Only lines holding "record" are needed; copy each of them from the data below.

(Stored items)
————————

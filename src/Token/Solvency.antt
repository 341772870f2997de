-- ===== src/Token/Solvency.antt =====
-- Every message of the wrapper leaves the supply backed by what it holds.
pub mod Messages
pub mod Payout
pub mod RoundTrip
use cavern_lsd_wrapper.Base.{
  ℕ, ◌+◌, ◌-◌, ◌*◌, ◌/◌, ◌≤◌, ◌<◌, ◌≡◌, ◌≢◌, refl, String, Option, some, none, List, ok, err, panic,
  Bool, true, false, inl, inr, ◌⊎◌, arith, Outcome-cases, Option-cases, bind_succeeded, from_std,
  ContractResult, StdResult, ◌>>=◌, subst, ap, ◌++◌, map,
}
use cavern_lsd_wrapper.Std.{Addr, CosmosMsg, Env, MessageInfo, Response, sub_msg, add_messages}
use native.Mathlib.Nat.{mul-le-mul_right}
use cavern_lsd_wrapper.Std.Decimals.{Documented}
use cavern_lsd_wrapper.Host.{Host}
use cavern_lsd_wrapper.Cw20.{Cw20}
use cavern_lsd_wrapper.Cw20.Supply.{Supplies}
use cavern_lsd_wrapper.LsdHub.Trait.{LsdHub}
use cavern_lsd_wrapper.Custody.{Custody}
use cavern_lsd_wrapper.Custody.Calls.{deposit_received, payment_left}
use cavern_lsd_wrapper.Deployment.{Deployment}
use cavern_lsd_wrapper.Pricing.Bounds.{
  mint_charge, burn_payout, mint_charge-covers, burn_payout-le, issue_amount, issue_amount-le,
}
use cavern_lsd_wrapper.Token.Store.{Store}
use cavern_lsd_wrapper.Token.Handler.{
  library_call, before_burn, execute_burn, execute_burn_from, execute_mint, execute_mint_with,
}

module _ {I T S : Type 0} (p : Deployment I T S) (s : Store T S) where
  -- A handler that asks for the messages `made` and calls the library.
  abbrev Calls :
      StdResult (List CosmosMsg) → ContractResult (S × Response) → Store T S → Response → Type 0
  Calls made called s' r =
      (ms : List CosmosMsg) × (x : S × Response) × (made ≡ ok ms)
      × (called ≡ ok x)
      × (s' ≡ record s { cw20 = x.0 })
      × (r ≡ add_messages ms x.1)

  library_succeeded :
      (made : StdResult (List CosmosMsg)) (called : ContractResult (S × Response)) (s' : Store T S)
      (r : Response)
      → (from_std made >>= λ ms. library_call p s ms called) ≡ ok (s', r)
      → Calls made called s' r
  library_succeeded (ok ms) (ok x) s' r h = (ms, x, refl, refl, ground arith, ground arith)
  library_succeeded (ok ms) (err e) s' r h = cc
  library_succeeded (ok ms) panic s' r h = cc
  library_succeeded (err e) called s' r h = cc
  library_succeeded panic called s' r h = cc

module _ {I T S : Type 0} (p : Deployment I T S) (cap : ℕ) (doc : Documented p.host.decimals cap)
    (s : Store T S) (env : Env) (info : MessageInfo) (cfg : T) (rate : ℕ)
    (has_config : s.lsd_config ≡ some cfg)
    (rated : p.hub.query_exchange_rate cfg p.host env ≡ ok rate) where
  -- A successful mint asks for the charge and mints.
  mint_succeeded :
      (recipient : String) (amount : ℕ) (s' : Store T S) (r : Response)
      → execute_mint p s env info recipient amount ≡ ok (s', r)
      → (0 < rate)
        × ((from_std (
                p.hub.deposit_funds cfg p.host env info
                  (mint_charge p.host.one rate amount)
                  info.sender)
              >>= λ ms.
                  library_call p s ms (
                    p.cw20.mint s.cw20 env
                      (record info { sender = env.contract })
                      recipient
                      amount))
            ≡ ok (s', r))
  unfolding execute_mint
  mint_succeeded recipient amount s' r h = ground (
    arith,
    doc.from_ratio_law amount 1,
    doc.div_law (amount * p.host.one) rate,
    doc.add_law (amount * p.host.one * p.host.one / rate) p.host.one,
    doc.mul_uint_law (amount * p.host.one * p.host.one / rate + p.host.one) 1,
  )

  mint_with_succeeded :
      (recipient : String) (n : ℕ) (s' : Store T S) (r : Response)
      → execute_mint_with p s env info recipient n ≡ ok (s', r)
      → (from_std (p.hub.deposit_funds cfg p.host env info n info.sender) >>= λ ms.
          library_call p s ms (
            p.cw20.mint s.cw20 env
              (record info { sender = env.contract })
              recipient
              (issue_amount p.host.one rate n)))
        ≡ ok (s', r)
  unfolding execute_mint_with
  mint_with_succeeded recipient n s' r h = ground (
    arith,
    doc.from_ratio_law n 1,
    doc.mul_law (n * p.host.one) rate,
    doc.mul_uint_law (n * p.host.one * rate / p.host.one) 1,
  )

  -- The messages of a burn are a payment.
  before_burn_succeeded :
      (amount : ℕ) (ms : List CosmosMsg)
      → before_burn p s env info amount ≡ ok ms
      → (0 < rate)
        × (p.hub.send_funds cfg p.host env (burn_payout p.host.one rate amount) info.sender ≡ ok ms)
  unfolding before_burn
  before_burn_succeeded amount ms h = ground (
    arith,
    doc.from_ratio_law amount 1,
    doc.div_law (amount * p.host.one) rate,
    doc.mul_uint_law (amount * p.host.one * p.host.one / rate) 1,
  )

  module _ (supply : S → ℕ) (custody : Custody p.hub cfg)
      (laws : Supplies p.cw20 supply custody.Quiet) (runs : custody.Runs p.host) (held held' : ℕ)
      (s' : Store T S) (r : Response) (after : custody.After env info r.messages held held')
      (backed : supply s.cw20 * p.host.one ≤ held * rate) where
    -- The supply is backed after the call.
    abbrev BackedAfter : Type 0
    BackedAfter = supply s'.cw20 * p.host.one ≤ held' * rate

    issued_backed :
        (recipient : String) (issued charge : ℕ)
        → info.sender ≢ env.contract
        → issued * p.host.one ≤ charge * rate
        → Calls p s
            (p.hub.deposit_funds cfg p.host env info charge info.sender)
            (p.cw20.mint s.cw20 env (record info { sender = env.contract }) recipient issued)
            s'
            r
        → BackedAfter
    issued_backed recipient issued charge stranger fair (ms, x, made, called, stored, sent) =
        let (grown, quiet) =
          laws.mint_law s.cw20 env (record info { sender = env.contract }) recipient issued x
            called in
        let received =
          deposit_received p.hub cfg custody p.host runs env info charge ms x.1 r held held' quiet
            sent after stranger made in
        let lift : (held + charge) * rate ≤ held' * rate = mul-le-mul_right rate received in
        let now : supply s'.cw20 ≡ supply s.cw20 + issued = rw stored grown in rw now (omega arith)

    burnt_backed :
        (amount payout : ℕ) (ms : List CosmosMsg) (x : S × Response)
        → payout * rate ≤ amount * p.host.one
        → p.hub.send_funds cfg p.host env payout info.sender ≡ ok ms
        → (supply x.0 + amount ≡ supply s.cw20) × custody.Quiet x.1.messages
        → s' ≡ record s { cw20 = x.0 }
        → r ≡ add_messages ms x.1
        → BackedAfter
    burnt_backed amount payout ms x fair made (burnt, quiet) stored sent =
        let left =
          payment_left p.hub cfg custody p.host runs env info payout ms x.1 r held held' quiet sent
            after info.sender made in
        let lift : held * rate ≤ (held' + payout) * rate = mul-le-mul_right rate left in
        let now : supply s'.cw20 + amount ≡ supply s.cw20 = rw stored burnt in
        omega (arith, ap (λ (t : ℕ). t * p.host.one) now)
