-- ===== src/Token/Solvency/Messages.antt =====
-- Every message but a decompounding leaves the supply backed by what the wrapper holds.
use native.Mathlib.Nat.{mul-le-mul_right}
use cavern_lsd_wrapper.Base.{
  ℕ, ◌*◌, ◌≤◌, ◌≡◌, ◌≢◌, String, some, [], List, ok, false, inl, inr, Outcome-cases, Bool-cases,
  arith, ContractResult, ◌>>=◌, ◌==◌, nat_eq, subst,
}
use cavern_lsd_wrapper.Std.{Env, MessageInfo, Response, SubMsg}
use cavern_lsd_wrapper.Std.Decimals.{Documented}
use cavern_lsd_wrapper.Basset.Wrapper
use cavern_lsd_wrapper.Basset.Wrapper.{ExecuteMsg, is_decompound}
use cavern_lsd_wrapper.Cw20.Supply.{Supplies, Keeps}
use cavern_lsd_wrapper.Custody.{Custody}
use cavern_lsd_wrapper.Deployment.{Deployment}
use cavern_lsd_wrapper.Pricing.Bounds.{
  mint_charge, burn_payout, mint_charge-covers, burn_payout-le, issue_amount, issue_amount-le,
}
use cavern_lsd_wrapper.Token.Store.{Store}
use cavern_lsd_wrapper.Token.Contract.{execute}
use cavern_lsd_wrapper.Token.Handler.{
  before_burn, execute_burn, execute_burn_all, execute_burn_from, execute_mint, execute_mint_with,
}
use cavern_lsd_wrapper.Token.Solvency.{
  library_succeeded, mint_succeeded, mint_with_succeeded, before_burn_succeeded, issued_backed,
  burnt_backed,
}

module _ {I T S : Type 0} (p : Deployment I T S) (cap : ℕ) (doc : Documented p.host.decimals cap)
    (s : Store T S) (env : Env) (info : MessageInfo) (cfg : T) (rate : ℕ)
    (has_config : s.lsd_config ≡ some cfg)
    (rated : p.hub.query_exchange_rate cfg p.host env ≡ ok rate) (supply : S → ℕ)
    (custody : Custody p.hub cfg) (laws : Supplies p.cw20 supply custody.Quiet)
    (runs : custody.Runs p.host) (stranger : info.sender ≢ env.contract) (held held' : ℕ)
    (s' : Store T S) (r : Response) (after : custody.After env info r.messages held held')
    (backed : supply s.cw20 * p.host.one ≤ held * rate) where
  -- The supply is backed after the call.
  abbrev pub Backed : Type 0
  Backed = supply s'.cw20 * p.host.one ≤ held' * rate

  mint_backed :
      (recipient : String) (amount : ℕ)
      → execute_mint p s env info recipient amount ≡ ok (s', r)
      → Backed
  mint_backed recipient amount h =
      let (pos, h') =
        mint_succeeded p cap doc s env info cfg rate has_config rated recipient amount s' r h in
      let fair = mint_charge-covers p.host.one rate amount doc.one_pos pos in
      issued_backed p cap doc s env info cfg rate has_config rated supply custody laws runs held
        held' s' r after backed recipient amount (mint_charge p.host.one rate amount) stranger
        (omega arith) (library_succeeded p s _ _ s' r h')

  mint_with_backed :
      (recipient : String) (n : ℕ)
      → execute_mint_with p s env info recipient n ≡ ok (s', r)
      → Backed
  mint_with_backed recipient n h =
      let issued = issue_amount p.host.one rate n in
      issued_backed p cap doc s env info cfg rate has_config rated supply custody laws runs held
        held' s' r after backed recipient issued n stranger
        (issue_amount-le p.host.one rate n doc.one_pos)
        (library_succeeded p s _ _ s' r
          (mint_with_succeeded p cap doc s env info cfg rate has_config rated recipient n s' r h))

  -- A burn by the owner, or by an allowance.
  burn_backed : (amount : ℕ) → execute_burn p s env info amount ≡ ok (s', r) → Backed
  unfolding execute_burn
  burn_backed amount h =
      let (ms, x, made, called, stored, sent) =
        library_succeeded p s (before_burn p s env info amount) (p.cw20.burn s.cw20 env info amount)
          s' r h in
      let (pos, paid) =
        before_burn_succeeded p cap doc s env info cfg rate has_config rated amount ms made in
      burnt_backed p cap doc s env info cfg rate has_config rated supply custody laws runs held
        held' s' r after backed amount (burn_payout p.host.one rate amount) ms x
        (burn_payout-le p.host.one rate amount doc.one_pos pos) paid
        (laws.burn_law s.cw20 env info amount x called) stored sent

  burn_from_backed :
      (owner : String) (amount : ℕ)
      → execute_burn_from p s env info owner amount ≡ ok (s', r)
      → Backed
  unfolding execute_burn_from
  burn_from_backed owner amount h =
      let (ms, x, made, called, stored, sent) =
        library_succeeded p s (before_burn p s env info amount)
          (p.cw20.burn_from s.cw20 env info owner amount) s' r h in
      let (pos, paid) =
        before_burn_succeeded p cap doc s env info cfg rate has_config rated amount ms made in
      burnt_backed p cap doc s env info cfg rate has_config rated supply custody laws runs held
        held' s' r after backed amount (burn_payout p.host.one rate amount) ms x
        (burn_payout-le p.host.one rate amount doc.one_pos pos) paid
        (laws.burn_from_law s.cw20 env info owner amount x called) stored sent

  -- A call of the library, with nothing of the wrapper's own.
  abbrev passed_on : ContractResult (S × Response) → ContractResult (Store T S × Response)
  passed_on called = called >>= λ x. ok (record s { cw20 = x.0 }, x.1)

  library_backed :
      (called : ContractResult (S × Response))
      → ((x : S × Response) → called ≡ ok x → Keeps supply custody.Quiet (supply s.cw20) x)
      → passed_on called ≡ ok (s', r)
      → Backed
  library_backed called keeps h = elim (Outcome-cases called) [
    | inr fails ↦ ground arith
    | inl (x, e) ↦
        let (same, quiet) = keeps x e in
        let sent : r ≡ x.1 = ground arith in
        let stored : s' ≡ record s { cw20 = x.0 } = ground arith in
        let now : supply s'.cw20 ≡ supply s.cw20 = rw stored same in
        let kept : held ≤ held' =
          custody.keeps env info x.1.messages held held' quiet
            (subst (λ (z : Response). custody.After env info z.messages held held') sent after) in
        rw now (omega (arith, mul-le-mul_right rate kept))
  ]

  -- Nothing happens where the sender has no tokens.
  burn_all_backed : execute_burn_all p s env info ≡ ok (s', r) → Backed
  unfolding execute_burn_all
  burn_all_backed h = elim (Outcome-cases (p.cw20.query_balance s.cw20 info.sender)) [
    | inr fails ↦ ground arith
    | inl (balance, e) ↦ elim (Bool-cases (balance == 0)) [
      | inl nothing ↦
          let same : s' ≡ s = ground arith in
          let silent : r.messages ≡ [] = ground arith in
          let kept : held ≤ held' =
            custody.keeps env info [] held held' custody.quiet_none
              (subst (λ (l : List SubMsg). custody.After env info l held held') silent after) in
          rw same (omega (arith, mul-le-mul_right rate kept))
      | inr some_left ↦ burn_backed balance (rw (e, some_left) at h)
    ]
  ]

  -- Every message but a decompounding, from an account other than the wrapper itself.
  pub message_backed :
      (msg : ExecuteMsg)
      → is_decompound msg ≡ false
      → execute p s env info msg ≡ ok (s', r)
      → Backed
  unfolding execute
  message_backed (Wrapper.ExecuteMsg.transfer to n) other h =
      library_backed _ (laws.transfer_law s.cw20 env info to n) h
  message_backed (Wrapper.ExecuteMsg.burn n) other h = burn_backed n h
  message_backed Wrapper.ExecuteMsg.burn_all other h = burn_all_backed h
  message_backed (Wrapper.ExecuteMsg.send to n m) other h =
      library_backed _ (laws.send_law s.cw20 env info to n m) h
  message_backed (Wrapper.ExecuteMsg.increase_allowance to n e) other h =
      library_backed _ (laws.increase_allowance_law s.cw20 env info to n e) h
  message_backed (Wrapper.ExecuteMsg.decrease_allowance to n e) other h =
      library_backed _ (laws.decrease_allowance_law s.cw20 env info to n e) h
  message_backed (Wrapper.ExecuteMsg.transfer_from owner to n) other h =
      library_backed _ (laws.transfer_from_law s.cw20 env info owner to n) h
  message_backed (Wrapper.ExecuteMsg.send_from owner to n m) other h =
      library_backed _ (laws.send_from_law s.cw20 env info owner to n m) h
  message_backed (Wrapper.ExecuteMsg.burn_from owner n) other h = burn_from_backed owner n h
  message_backed (Wrapper.ExecuteMsg.mint to n) other h = mint_backed to n h
  message_backed (Wrapper.ExecuteMsg.mint_with to n) other h = mint_with_backed to n h
  message_backed (Wrapper.ExecuteMsg.update_minter m) other h =
      library_backed _ (laws.update_minter_law s.cw20 env info m) h
  message_backed (Wrapper.ExecuteMsg.update_marketing x y z) other h =
      library_backed _ (laws.update_marketing_law s.cw20 env info x y z) h
  message_backed (Wrapper.ExecuteMsg.upload_logo l) other h =
      library_backed _ (laws.upload_logo_law s.cw20 env info l) h
  message_backed (Wrapper.ExecuteMsg.decompound to) other h = cc

-- No such message changes the configuration.
pub config_kept :
    {I T S : Type 0} (p : Deployment I T S) (s s' : Store T S) (env : Env) (info : MessageInfo)
    (msg : ExecuteMsg) (r : Response)
    → is_decompound msg ≡ false
    → execute p s env info msg ≡ ok (s', r)
    → s'.lsd_config ≡ s.lsd_config
unfolding execute
config_kept p s s' env info (Wrapper.ExecuteMsg.transfer a b) r other h = ground arith
config_kept p s s' env info (Wrapper.ExecuteMsg.burn a) r other h = ground arith
config_kept p s s' env info Wrapper.ExecuteMsg.burn_all r other h = ground arith
config_kept p s s' env info (Wrapper.ExecuteMsg.send a b c) r other h = ground arith
config_kept p s s' env info (Wrapper.ExecuteMsg.increase_allowance a b c) r other h = ground arith
config_kept p s s' env info (Wrapper.ExecuteMsg.decrease_allowance a b c) r other h = ground arith
config_kept p s s' env info (Wrapper.ExecuteMsg.transfer_from a b c) r other h = ground arith
config_kept p s s' env info (Wrapper.ExecuteMsg.send_from a b c d) r other h = ground arith
config_kept p s s' env info (Wrapper.ExecuteMsg.burn_from a b) r other h = ground arith
config_kept p s s' env info (Wrapper.ExecuteMsg.mint a b) r other h = ground arith
config_kept p s s' env info (Wrapper.ExecuteMsg.mint_with a b) r other h = ground arith
config_kept p s s' env info (Wrapper.ExecuteMsg.update_minter a) r other h = ground arith
config_kept p s s' env info (Wrapper.ExecuteMsg.update_marketing a b c) r other h = ground arith
config_kept p s s' env info (Wrapper.ExecuteMsg.upload_logo a) r other h = ground arith
config_kept p s s' env info (Wrapper.ExecuteMsg.decompound a) r other h = cc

————————

▸ **Exercise answer**
      × (s' ≡ record s { cw20 = x.0 })
                      (record info { sender = env.contract })
              (record info { sender = env.contract })
            (p.cw20.mint s.cw20 env (record info { sender = env.contract }) recipient issued)
          laws.mint_law s.cw20 env (record info { sender = env.contract }) recipient issued x
        → s' ≡ record s { cw20 = x.0 }
  passed_on called = called >>= λ x. ok (record s { cw20 = x.0 }, x.1)
        let stored : s' ≡ record s { cw20 = x.0 } = ground arith in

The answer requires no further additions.